Note that there may be processes $p_{j}$ that are not yet participants, which record in $elected_{j}$ the identifier of the previous elected process.

Measure the performance of an election algorithm by its total network bandwidth utilization which is proportional to the total number of messages sent, and by the turnaround time for the algorithm.

(No assumption of models here see, because each algorithm do their own assumption)

A ring-based election algorithm:

Each process $p_{i}$ has a communication channel to the next process in the ring, $p_{(i + 1) mod N}$ , and all messages are sent clockwise around the ring.

Assume that no failures occur, and that the system is asynchronous.

The goal of this algorithm is to elect a single process called the coordinator, which is the process with the largest identifier.

The initiator Initially, every process is marked as a non-participant in an election, any process can begin an election, proceeds by marking itself as a participant, placing its identifier in an election message and sending it to its clockwise neighbor.

On receiving an election message: - Compares the identifier in the message with its own: - if the arrived identifier is greater, then it forwards the message to its neighbor, - if the arrived identifier is smaller and the receiver is not a participant, then it substitutes its own identifier in the message and forwards it; - But does not forward message if it is already a participant - On forwarding an election message in any case, the process marks itself as a participant (if it lalready hasn;t.?) - If, however, the received identifier is that of the receiver itself, then this process’s identifier must be the greatest, and it becomes the coordinator. - The coordinator marks itself as a non-participant once more and sends an elected message to its neighbour, announcing its election and enclosing its identity. - When a process $p_{i}$ receives an elected message, it marks itself as a nonparticipant, sets its variable $elected_{i}$ to the identifier in the message and, unless it is the new coordinator, forwards the message to its neighbor.

Useful for understanding properties of elections in general, the fact that it tolerates no failures makes it of limited practical value.

The bully algorithm

Allows processes to crash during an election, although it assumes that message delivery between processes is reliable.

Another difference is that the ring-based algorithm assumed that processes have minimal a prior knowledge of one another: each knows only how to communicate with its neighbor, and no-one knows the identifiers of the other processes, the bully algorithm, on the other hand, assumes that

Each process knows which processes have higher identifiers, and that it can communicate with all such processes
Unlike the ring-based algorithm, this algorithm assumes that the system is synchronous: it uses timeouts to detect a process failure.

Since the system is synchronous, can’t construct a reliable failure detector, there is a maximum message transmission delay, $T_{trans}$ , and a maximum delay for processing a message $T_{process}$

Therefore, we can calculate a time $T = 2 T_{trans} + T_{process}$ that is an upper bound on the time that can elapse between sending a message to another process and receiving a response.

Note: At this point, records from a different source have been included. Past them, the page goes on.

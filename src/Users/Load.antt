-- ===== src/Users/Load.antt =====
-- `UserStore::load` of crates/core/src/user.rs. The files come as an argument: their contents, or
-- `none` for a file that cannot be read; for the permission file `none` is one that does not exist.
use rind.Prelude.{
  ℕ, zero, suc, Bool, true, false, Option, none, some, List, [], ◌∷◌, ◌++◌, nat_beq, filter_map,
  length, nat_eq,
}
use rind.Bytes.{u16_from_le, u32_from_le}
use rind.Map
use rind.Map.{Map}
use rind.Text.{Text, codes, text_eq}
use rind.Error.{CoreResult, ok, err, unexpected_eof, failed_to_read, ◌>>=◌}
use rind.Users.{UserRecord, GroupEntry, UserStore, empty_store}
use rind.Users.Parse.{entries, from_passwd_line, from_shadow_line, from_group_line}

pub record PermMaps : Type 0 where
  pub user_perms : Map ℕ (List ℕ)
  pub group_perms : Map ℕ (List ℕ)

abbrev pub no_perms : PermMaps
no_perms = record { user_perms = []; group_perms = [] }

-- the inner loop: `count` permissions of two bytes, and the bytes behind them
unfoldable pub read_ids : ℕ → List ℕ → CoreResult (List ℕ × List ℕ)
read_ids zero bs = ok ([], bs)
read_ids (suc n) (a ∷ b ∷ bs) = do (ids, rest) ← read_ids n bs; ok (u16_from_le a b ∷ ids, rest)
read_ids (suc n) _ = err unexpected_eof

-- One record: its kind, its number and its permissions.
unfoldable pub read_record : List ℕ → CoreResult (Bool × ℕ × List ℕ × List ℕ)
unfolding read_ids
read_record (t ∷ a ∷ b ∷ c ∷ d ∷ e ∷ f ∷ bs) = do
  (ids, rest) ← read_ids (u16_from_le e f) bs
  ok (nat_beq t 0, u32_from_le a b c d, ids, rest)
read_record _ = err unexpected_eof

unfoldable pub add_record : Bool → ℕ → List ℕ → PermMaps → PermMaps
add_record true id ids m = record m { user_perms = Map.insert id ids m.user_perms }
add_record false id ids m = record m { group_perms = Map.insert id ids m.group_perms }

-- `while cursor.position() < len`, with fuel; a record takes bytes, so the length is enough.
unfoldable pub read_perms : ℕ → List ℕ → PermMaps → CoreResult PermMaps
read_perms fuel [] m = ok m
read_perms zero (b ∷ bs) m = err unexpected_eof
read_perms (suc fuel) (b ∷ bs) m = do
  (is_user, id, ids, rest) ← read_record (b ∷ bs)
  read_perms fuel rest (add_record is_user id ids m)

unfoldable pub parse_perms : List ℕ → CoreResult PermMaps
unfolding read_perms
parse_perms bs = read_perms (length bs) bs no_perms

-- the body of the loop over the users of /etc/passwd
unfoldable pub add_user : UserRecord → UserStore × Map ℕ (List ℕ) → UserStore × Map ℕ (List ℕ)
add_user u (s, perms) =
    let idx = length s.users in
    let user : UserRecord = elim (Map.get u.uid perms) [
      | none ↦ u
      | some ps ↦ record u { permissions = ps }
    ] in
    (
      record s {
        users = s.users ++ user ∷ [];
        name_index = Map.insert u.username idx s.name_index;
        uid_index = Map.insert u.uid idx s.uid_index;
      },
      Map.remove u.uid perms,
    )

unfoldable pub add_users : List UserRecord → UserStore × Map ℕ (List ℕ) → UserStore × Map ℕ (List ℕ)
unfolding add_user
add_users [] sm = sm
add_users (u ∷ us) sm = add_users us (add_user u sm)

unfoldable pub add_groups : List GroupEntry → Map ℕ (List ℕ) → List GroupEntry
add_groups [] perms = []
add_groups (g ∷ gs) perms =
    elim (Map.get g.gid perms) [ none ↦ g | some ps ↦ record g { permissions = ps } ]
    ∷ add_groups gs (Map.remove g.gid perms)

pub record Files : Type 0 where
  pub passwd : Option Text
  pub shadow : Option Text
  pub group : Option Text
  pub perms : Option (List ℕ)

abbrev lines_or_none : {A : Type 0} → (Text → Option A) → Option Text → List A
lines_or_none parse none = []
lines_or_none parse (some text) = filter_map parse (entries text)

-- `UserStore::load`
unfoldable pub load : Files → CoreResult UserStore
unfolding parse_perms add_users add_groups
load files = do
  maps ← elim files.perms [ none ↦ ok no_perms | some bytes ↦ parse_perms bytes ]
  passwd ← elim files.passwd [ none ↦ err (failed_to_read (codes "passwd")) | some t ↦ ok t ]
  let start : UserStore × Map ℕ (List ℕ) = (empty_store, maps.user_perms)
  let store = (add_users (filter_map from_passwd_line (entries passwd)) start).0
  ok (record store {
    shadows = lines_or_none from_shadow_line files.shadow;
    groups = add_groups (lines_or_none from_group_line files.group) maps.group_perms;
  })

Cannot just conclude that the process has crashed but know that message ain’t coming

There are three types of messages in this algorithm: - an election message is sent to announce an election; - an answer message is sent in response to an election message and - a coordinator message is sent to announce the identity of the elected process - the new coordinator

A process begins an election when it notices, through timeouts, that the coordinator has failed, several processes may discover this concurrently.

The initiator - The process that knows it has the highest identifier can elect itself as the coordinator simply by sending a coordinator message to all processes with lower identifiers. - On the other hand, a process with a lower identifier can begin an election by sending an election message to those processes that have a higher identifier and awaiting answer messages in response. - If none arrives within time $T$ , the process considers itself the coordinator and sends a coordinator message to all processes with lower identifiers announcing this. - Otherwise, if a answer message arrives, the process waits a further period $T_{c}$ for a coordinator message to arrive from the new coordinator, if none arrives, it begins another election.

On receiving an election message: - If a process $p_{i}$ receives a election message, it sends back an answer message and begins another election - unless it has begun one already.

On receiving coordinator message - If a process $p_{i}$ receives a coordinator message, it sets its variable $elected_{i}$ to the identifier to the coordinator contained within it and treats that process as the coordinator.

Note when a process is started to replace a crashed process, it begins an election, if it has the highest process identifier, then it will decide that it is the coordinator and announce this to the other processes, thus it will become the coordinator, even though the current algorithm is functioning, it is for this reason that the algorithm is called the bully algorithm.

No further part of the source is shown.